■ WORK TASK
Please keep to the lines below from the one with "((bytes, e), record" through the one with "if r.remaining == 0", and restate them word for word, ends included.

■ SOURCE RECORDS

◆ ◆ ◆ ◆ ◆

-- ===== src/Deb/Control.antt =====
-- internal/deb/reader.go: the control archive. The decompressors and archive/tar are parameters, as
-- functions of the streams that they read.
use deb_s.Prelude.{
  ℕ, ◌-◌, ◌+◌, ◌*◌, ◌^◌, min, Bool, true, false, not, ◌||◌, Option, none, some, List, [], ◌∷◌, ◌==◌,
  ltb, leb, if◌then◌else◌, Text, codes, equal, length, take, drop, trim_prefix, sign_bit, Error,
  Result, ok, err, failed, wrapped, cancelled, and_then, Exec, end_of_file, unexpected_end,
  bad_compression, unsupported_compression, unsafe_tar_path, bad_tar, not_regular,
  unreadable_control, archive_too_large, no_control_file,
}
use deb_s.GoPath.{is_abs, clean}
use deb_s.Storage.Key.{escapes}
use deb_s.Deb.Ar.{Archive, Member, advance, stopped, is_end}

-- Bytes, and the error behind them, `none` at a proper end.
pub record Stream : Type 0 where
  pub bytes : Text
  pub stop : Option Error

-- `size` is what the header of the entry says.
pub record TarEntry : Type 0 where
  pub name : Text
  pub is_regular : Bool
  pub size : ℕ
  pub body : Stream

pub record TarFile : Type 0 where
  pub entries : List TarEntry
  pub stop : Option Error

-- Two sizes, as 64-bit integers.
pub record ReaderOptions : Type 0 where
  pub max_control_archive_size : ℕ
  pub max_control_file_size : ℕ

-- `used` is how much of a compressed stream is read.
pub record Tools : Type 0 where
  pub gzip : Stream → Result Stream
  pub xz : Stream → Result Stream
  pub zstd : Stream → Result Stream
  pub bzip2 : Stream → Stream
  pub untar : Stream → TarFile
  pub used : Text → ReaderOptions → Stream → ℕ

abbrev or_default : ℕ → ℕ → ℕ
or_default default size = if size == 0 || leb sign_bit size then default else size

-- `ReaderOptions.withDefaults`
unfoldable pub with_defaults : ReaderOptions → ReaderOptions
with_defaults options = record {
  max_control_archive_size = or_default (64 * 2 ^ 20) options.max_control_archive_size;
  max_control_file_size = or_default (8 * 2 ^ 20) options.max_control_file_size;
}

abbrev invalid_format : Result Stream → Result Stream
invalid_format (ok s) = ok s
invalid_format (err _) = err (failed bad_compression)

-- `decompressControl`
unfoldable pub decompress_control : Tools → Text → Stream → Result Stream
unfolding equal
decompress_control tools name s =
    if equal name (codes "control.tar")
    then ok s
    else if equal name (codes "control.tar.gz")
    then invalid_format (tools.gzip s)
    else if equal name (codes "control.tar.xz")
    then invalid_format (tools.xz s)
    else if equal name (codes "control.tar.zst")
    then invalid_format (tools.zstd s)
    else if equal name (codes "control.tar.bz2")
    then ok (tools.bzip2 s)
    else err (failed unsupported_compression)

pub record SizeLimitedReader : Type 0 where
  pub reader : Stream
  pub remaining : ℕ

-- A read from a stream with a buffer of `n` bytes: the bytes, and an error beside them.
abbrev pub read_stream : ℕ → Stream → (Text × Option Error) × Stream
read_stream n s =
    if equal s.bytes []
    then (([], some (stopped s.stop (failed end_of_file))), s)
    else ((take n s.bytes, none), record s { bytes = drop n s.bytes })

-- More than the limit, if one more byte could be read.
abbrev probed : (Text × Option Error) × Stream → Text × Option Error
probed (([], e), s) = ([], e)
probed ((_ ∷ _, e), s) = ([], some (failed archive_too_large))

abbrev count :
    SizeLimitedReader → (Text × Option Error) × Stream → (Text × Option Error) × SizeLimitedReader
count r ((bytes, e), s) =
    ((bytes, e), record { reader = s; remaining = r.remaining - length bytes })

-- `sizeLimitedReader.Read`
unfoldable pub read_limited : ℕ → SizeLimitedReader → (Text × Option Error) × SizeLimitedReader
unfolding equal
read_limited n r =
    if r.remaining == 0
    then (probed (read_stream 1 r.reader), record r { reader = (read_stream 1 r.reader).1 })
    else count r (read_stream (if leb n r.remaining then n else r.remaining) r.reader)

-- The stream that a `sizeLimitedReader` makes of another one.
unfoldable pub limited : ℕ → Stream → Stream
limited limit s =
    if leb (length s.bytes) limit
    then s
    else record { bytes = take limit s.bytes; stop = some (failed archive_too_large) }

-- `safeTarName`
unfoldable pub safe_tar_name : Text → Result Text
unfolding equal is_abs trim_prefix clean escapes
safe_tar_name name =
    if equal name [] || is_abs name
    then err (failed unsafe_tar_path)
    else let cleaned = clean (trim_prefix name (codes "./")) in
      if is_abs cleaned || escapes cleaned then err (failed unsafe_tar_path) else ok cleaned

-- The errors that are returned as they are: a limit or the context.
abbrev pub passes : Error → Bool
passes (failed archive_too_large) = true
passes cancelled = true
passes (wrapped e) = passes e
passes _ = false

abbrev pub at_stop : Text → Option Error → Result Text
at_stop bytes none = ok bytes
at_stop bytes (some e) = err (if passes e then e else failed unreadable_control)

-- `io.ReadAll` of the first bytes of a stream, at most `n`.
unfoldable pub read_up_to : ℕ → Stream → Result Text
read_up_to n s = if leb n (length s.bytes) then ok (take n s.bytes) else at_stop s.bytes s.stop

abbrev pub within : ℕ → Text → Result Text
within limit value = if ltb limit (length value) then err (failed archive_too_large) else ok value

-- The body of the control file.
unfoldable pub read_entry : ℕ → TarEntry → Result Text
unfolding read_up_to
read_entry limit entry =
    if not entry.is_regular
    then err (failed not_regular)
    else if ltb limit entry.size
    then err (failed archive_too_large)
    else and_then (read_up_to (limit + 1) entry.body) (within limit)

abbrev pub tar_stopped : Option Error → Option Text → Result Text
tar_stopped none none = err (failed no_control_file)
tar_stopped none (some control) = ok control
tar_stopped (some e) control = err (if passes e then e else failed bad_tar)

-- The loop of `readControlTar`: the last control file counts.
unfoldable pub control_of : ℕ → List TarEntry → Option Error → Option Text → Result Text
unfolding safe_tar_name read_entry equal
control_of limit [] stop control = tar_stopped stop control
control_of limit (entry ∷ entries) stop control = and_then (safe_tar_name entry.name) λ name.
    if not (equal name (codes "control"))
    then control_of limit entries stop control
    else and_then (read_entry limit entry) λ value. control_of limit entries stop (some value)

unfoldable pub read_control_tar : Tools → ℕ → Stream → Result Text
unfolding control_of
read_control_tar tools limit s = control_of limit (tools.untar s).entries (tools.untar s).stop none

abbrev pub unexpected_stop : Option Error → Error
unexpected_stop none = failed unexpected_end
unexpected_stop (some e) = if is_end e then failed unexpected_end else e

-- The body of the member that begins here.
unfoldable pub body_stream : Archive → Stream
body_stream a = record {
  bytes = take a.remaining a.rest;
  stop = (if leb a.remaining (length a.rest) then none else some (unexpected_stop a.stop));
}

abbrev pub consume : ℕ → Archive → Archive
consume n a = record (advance n a) { remaining = a.remaining - n }

unfoldable pub control_in : Tools → ReaderOptions → Member → Stream → Result Text
unfolding decompress_control limited read_control_tar
control_in tools options member s = and_then (decompress_control tools member.name s) λ t.
    read_control_tar tools options.max_control_file_size
      (limited options.max_control_archive_size t)

-- `readControlArchive`
unfoldable pub read_control_archive : Tools → ReaderOptions → Member → Exec Archive Text
unfolding body_stream control_in
read_control_archive tools options member a =
    let s = body_stream a in
    (
      control_in tools options member s,
      consume (min (tools.used member.name options s) (length s.bytes)) a,
    )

◆ ◆ ◆ ◆ ◆

■ RESULT OF THE EXERCISE
    ((bytes, e), record { reader = s; remaining = r.remaining - length bytes })

-- `sizeLimitedReader.Read`
unfoldable pub read_limited : ℕ → SizeLimitedReader → (Text × Option Error) × SizeLimitedReader
unfolding equal
read_limited n r =
    if r.remaining == 0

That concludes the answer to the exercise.